I'd waited for over 3 months to see him. My very best friend.
I didn't know what I would do the moment my eyes met his. I didn't care, really.
I just wanted him near. Have him smile at me and playfully grab me into his arms.

Six months ago I wouldn't want to settle for just that. I'd want more.
But today...felt different. [Those desires are still alive, mind you. Hidden, but alive.]
It felt different because of how slowly each moment passed. It's like I watched his every move...in slow motion. Noticing things that I'd normally miss:
His posture.
The subtle mix of expectancy and purpose in his eyes.
The reflection and wiser introspection in his speech.

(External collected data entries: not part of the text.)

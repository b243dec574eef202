-- ===== src/RecvBuffer/Lines.antt =====
-- The outer loop of `linen_recvbuf_readline` of ffi/network.c, which scans and refills.
use linen.Base.{
  ℕ, zero, suc, ◌+◌, ◌≤◌, ◌<◌, min, ◌≡◌, refl, sym, ap, ap₂, ◌∙◌, ◌⊎◌, inl, inr, false, List, [],
  ◌∷◌, ◌++◌, append-nil, append_assoc, reverse, arith, length, Fd, Result, ok, error, out_of_fuel,
  user_error, os_error, sub_size,
}
use linen.RecvBuffer.{
  RecvBuf, line_size, RecvReply, Fill, filled, fill_failed, Scan, line_done, line_too_long, drained,
  fill, readline_after, readline_loop, readline,
}
use linen.RecvBuffer.Valid.{IsValid, view}
use linen.RecvBuffer.Stream.{IsStream, unread, Filled, fill-Filled}
use linen.RecvBuffer.ReadLine.{has_crlf, Scanned, scan-Scanned, length-reverse}

-- What reading a line makes of the stream `all`, `rest` being what is left of it.
abbrev pub ReadsLine : List ℕ → Result (List ℕ) → List ℕ → Type 0
ReadsLine all (ok l) rest =
    ((all ≡ l ++ b'\r' ∷ b'\n' ∷ rest)
      × (has_crlf (l ++ b'\r' ∷ []) ≡ false)
      × (length l + 2 ≤ line_size))
    ⊎ ((all ≡ l) × (rest ≡ []) × (has_crlf l ≡ false) × (length l < line_size))
ReadsLine all (error (user_error m)) rest =
    (p : List ℕ) × (all ≡ p ++ rest) × (has_crlf p ≡ false) × (length p ≡ line_size)
ReadsLine all (error (os_error e)) rest =
    (p : List ℕ) × (all ≡ p ++ rest) × (has_crlf p ≡ false) × (length p < line_size)
ReadsLine all out_of_fuel rest = ⊥

module _ {W : Type 0} (stream : Fd → W → List ℕ) where
  pub record ReadLine (all : List ℕ) (sock : Fd) (r : Result (List ℕ)) (rb : RecvBuf) (w : W)
      : Type 0 where
    pub valid : IsValid rb
    pub same_fd : rb.fd ≡ sock
    pub reads : ReadsLine all r (unread stream rb w)

  abbrev pub DoesReadLine : List ℕ → Fd → Result (List ℕ) × RecvBuf × W → Type 0
  DoesReadLine all sock (r, rb, w) = ReadLine all sock r rb w

  -- what holds at the top of the loop
  record Reading (f : ℕ) (all : List ℕ) (sock : Fd) (line : List ℕ) (rb : RecvBuf) (w : W)
      : Type 0 where
    valid : IsValid rb
    same_fd : rb.fd ≡ sock
    kept : reverse line ++ unread stream rb w ≡ all
    no_crlf : has_crlf (reverse line) ≡ false
    short : length line < line_size
    fuel : line_size < f + length line + min 1 (length (view rb))

  -- The rest of a round, after the scan has emptied the buffer.
  readline_after-ReadLine :
      (again : RecvBuf → W → Result (List ℕ) × RecvBuf × W) (f : ℕ) (all : List ℕ) (sock : Fd)
      (line : List ℕ) (rb : RecvBuf) (w : W) (r : Fill) (rb' : RecvBuf) (w' : W)
      → ((rb' : RecvBuf) (w' : W)
          → Reading f all sock line rb' w'
          → DoesReadLine all sock (again rb' w'))
      → rb.fd ≡ sock
      → reverse line ++ unread stream rb w ≡ all
      → view rb ≡ []
      → has_crlf (reverse line) ≡ false
      → length line < line_size
      → line_size < f + length line + 1
      → Filled stream rb w r rb' w'
      → DoesReadLine all sock (readline_after again line (r, rb', w'))
  unfolding readline_after
  readline_after-ReadLine again f all sock line rb w (fill_failed x) rb' w' ih fd e empty no_crlf
        short fuel filling =
      record {
        valid = filling.valid;
        same_fd = filling.same_fd ∙ fd;
        reads = (
          reverse line,
          sym e ∙ ap (λ u. reverse line ++ u) (sym filling.kept),
          no_crlf,
          omega (arith, length-reverse line),
        );
      }
  readline_after-ReadLine again f all sock line rb w (filled zero) rb' w' ih fd e empty no_crlf
        short fuel filling =
      let none_left : unread stream rb' w' ≡ [] =
        filling.reports.1 refl (omega (arith, ap length empty)) ∙ empty in
      record {
        valid = filling.valid;
        same_fd = filling.same_fd ∙ fd;
        reads = inr (
          sym e
              ∙ ap (λ u. reverse line ++ u) (sym filling.kept ∙ none_left)
              ∙ append-nil (reverse line),
          none_left,
          no_crlf,
          omega (arith, length-reverse line),
        );
      }
  readline_after-ReadLine again f all sock line rb w (filled (suc k)) rb' w' ih fd e empty no_crlf
        short fuel filling =
      ih rb' w' (record {
        valid = filling.valid;
        same_fd = filling.same_fd ∙ fd;
        kept = ap (λ u. reverse line ++ u) filling.kept ∙ e;
        no_crlf = no_crlf;
        short = short;
        fuel = omega (arith, filling.reports.0);
      })

module _ {W : Type 0} {recv : Fd → ℕ → W → RecvReply × W} {stream : Fd → W → List ℕ}
    (law : IsStream recv stream) where
  -- What the scan leaves of the buffer stands before what is still to come.
  regroup :
      (all : List ℕ) (line p : List ℕ) (rb rb' : RecvBuf) (w : W)
      → rb'.fd ≡ rb.fd
      → reverse line ++ view rb ≡ p ++ view rb'
      → reverse line ++ unread stream rb w ≡ all
      → p ++ unread stream rb' w ≡ all
  regroup all line p rb rb' w fd e kept =
      sym (append_assoc p (view rb') (stream rb'.fd w))
      ∙ ap₂ (λ l x. l ++ stream x w) (sym e) fd
      ∙ append_assoc (reverse line) (view rb) (stream rb.fd w)
      ∙ kept

  -- One round of the loop; `again` is the rest of it and `ih` what is known of that.
  readline_round :
      (f : ℕ) (all : List ℕ) (sock : Fd) (line : List ℕ) (rb : RecvBuf) (w : W)
      (again : List ℕ → RecvBuf → W → Result (List ℕ) × RecvBuf × W)
      → ((line' : List ℕ) (rb' : RecvBuf) (w' : W)
          → Reading stream f all sock line' rb' w'
          → DoesReadLine stream all sock (again line' rb' w'))
      → Reading stream (suc f) all sock line rb w
      → (s : Scan) (rb' : RecvBuf) → Scanned line rb s rb'
      → DoesReadLine stream all sock (elim s [
        | line_done l ↦ (ok l, rb', w)
        | line_too_long ↦ (error (user_error "recvbuf_readline: line too long (>8KB)"), rb', w)
        | drained line' ↦ readline_after (again line') line' (fill recv rb' w)
      ])
  readline_round f all sock line rb w again ih i (line_done l) rb' s = record {
    valid = s.valid;
    same_fd = s.same_fd ∙ i.same_fd;
    reads = inl (
      sym (
            regroup all line (l ++ b'\r' ∷ b'\n' ∷ []) rb rb' w s.same_fd
              (s.finds.0 ∙ sym (append_assoc l _ (view rb'))) i.kept)
          ∙ append_assoc l _ _,
      s.finds.1,
      s.finds.2,
    );
  }
  readline_round f all sock line rb w again ih i line_too_long rb' s = record {
    valid = s.valid;
    same_fd = s.same_fd ∙ i.same_fd;
    reads = (
      s.finds.0,
      sym (regroup all line s.finds.0 rb rb' w s.same_fd s.finds.1 i.kept),
      s.finds.2,
      s.finds.3,
    );
  }
  readline_round f all sock line rb w again ih i (drained line') rb' s =
      readline_after-ReadLine stream (again line') f all sock line' rb' w _ _ _ (ih line')
        (s.same_fd ∙ i.same_fd)
        (regroup all line (reverse line') rb rb' w s.same_fd
          (sym s.finds.0
            ∙ sym (ap (λ v. reverse line' ++ v) s.finds.1 ∙ append-nil (reverse line')))
          i.kept)
        s.finds.1 s.finds.2 s.finds.3 (omega (arith, i.fuel, s.finds.4))
        (fill-Filled law rb' w s.valid)

  readline_loop-ReadLine :
      (f : ℕ) (all : List ℕ) (sock : Fd) (line : List ℕ) (rb : RecvBuf) (w : W)
      → Reading stream f all sock line rb w
      → DoesReadLine stream all sock (readline_loop recv f line rb w)
  unfolding readline_loop
  readline_loop-ReadLine zero all sock line rb w i = absurd (omega (arith, i.fuel, i.short))
  readline_loop-ReadLine (suc f) all sock line rb w i =
      readline_round f all sock line rb w (readline_loop recv f)
        (λ line' rb' w'. readline_loop-ReadLine f all sock line' rb' w') i _ _
        (scan-Scanned (sub_size rb.len rb.pos) line rb i.valid
          (omega (arith, i.valid.fits, i.valid.consumed)) i.no_crlf i.short)

  -- On a valid buffer over a stream socket `linen_recvbuf_readline` returns the bytes before the
  -- first CRLF of the stream and leaves exactly what follows it, or the whole of a stream of fewer
  -- than 8192 bytes that has no CRLF. It reports a line too long only when it has taken 8192 bytes
  -- with no CRLF among them. On an error the bytes taken, with no CRLF among them, are lost. The
  -- buffer stays valid and keeps its descriptor, and the loop ends, however `recv` cuts the stream.
  pub readline_reads :
      (rb : RecvBuf) (w : W)
      → IsValid rb
      → DoesReadLine stream (unread stream rb w) rb.fd (readline recv rb w)
  unfolding readline
  readline_reads rb w v =
      readline_loop-ReadLine (line_size + 1) (unread stream rb w) rb.fd [] rb w (record {
        valid = v;
        same_fd = refl;
        kept = refl;
        no_crlf = refl;
        short = omega arith;
        fuel = omega arith;
      })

At some point Today, I thought, "My gosh. My best friend has grown. "
And it thrilled me in a way that I really can't explain.
He's always made me curious...but Today, I watched him so very closely.
I will dare to say that I was intrigued.
He is the same person, but sharper and amplified. I began to thank God because it was so evident that the summer has been good to both of us. Naturally, I am expectant. But in a calm way. Knowing that the best method doesn't involve either of our pairs of hands.

Upon my initiation, we slightly reenacted a fond memory of ours.
Our conversation, though brief, reminded me of how much I cherish him.
...and how much I....love him.

Forget relationship titles/status for a moment...being in the arms of a friend is more than I can ask for.
I'll let God take care of the technicalities....

2 comments:

  1. "The subtle mix of expectancy and purpose in his eyes" <---- i know that look

    and the ending. perfection...technically...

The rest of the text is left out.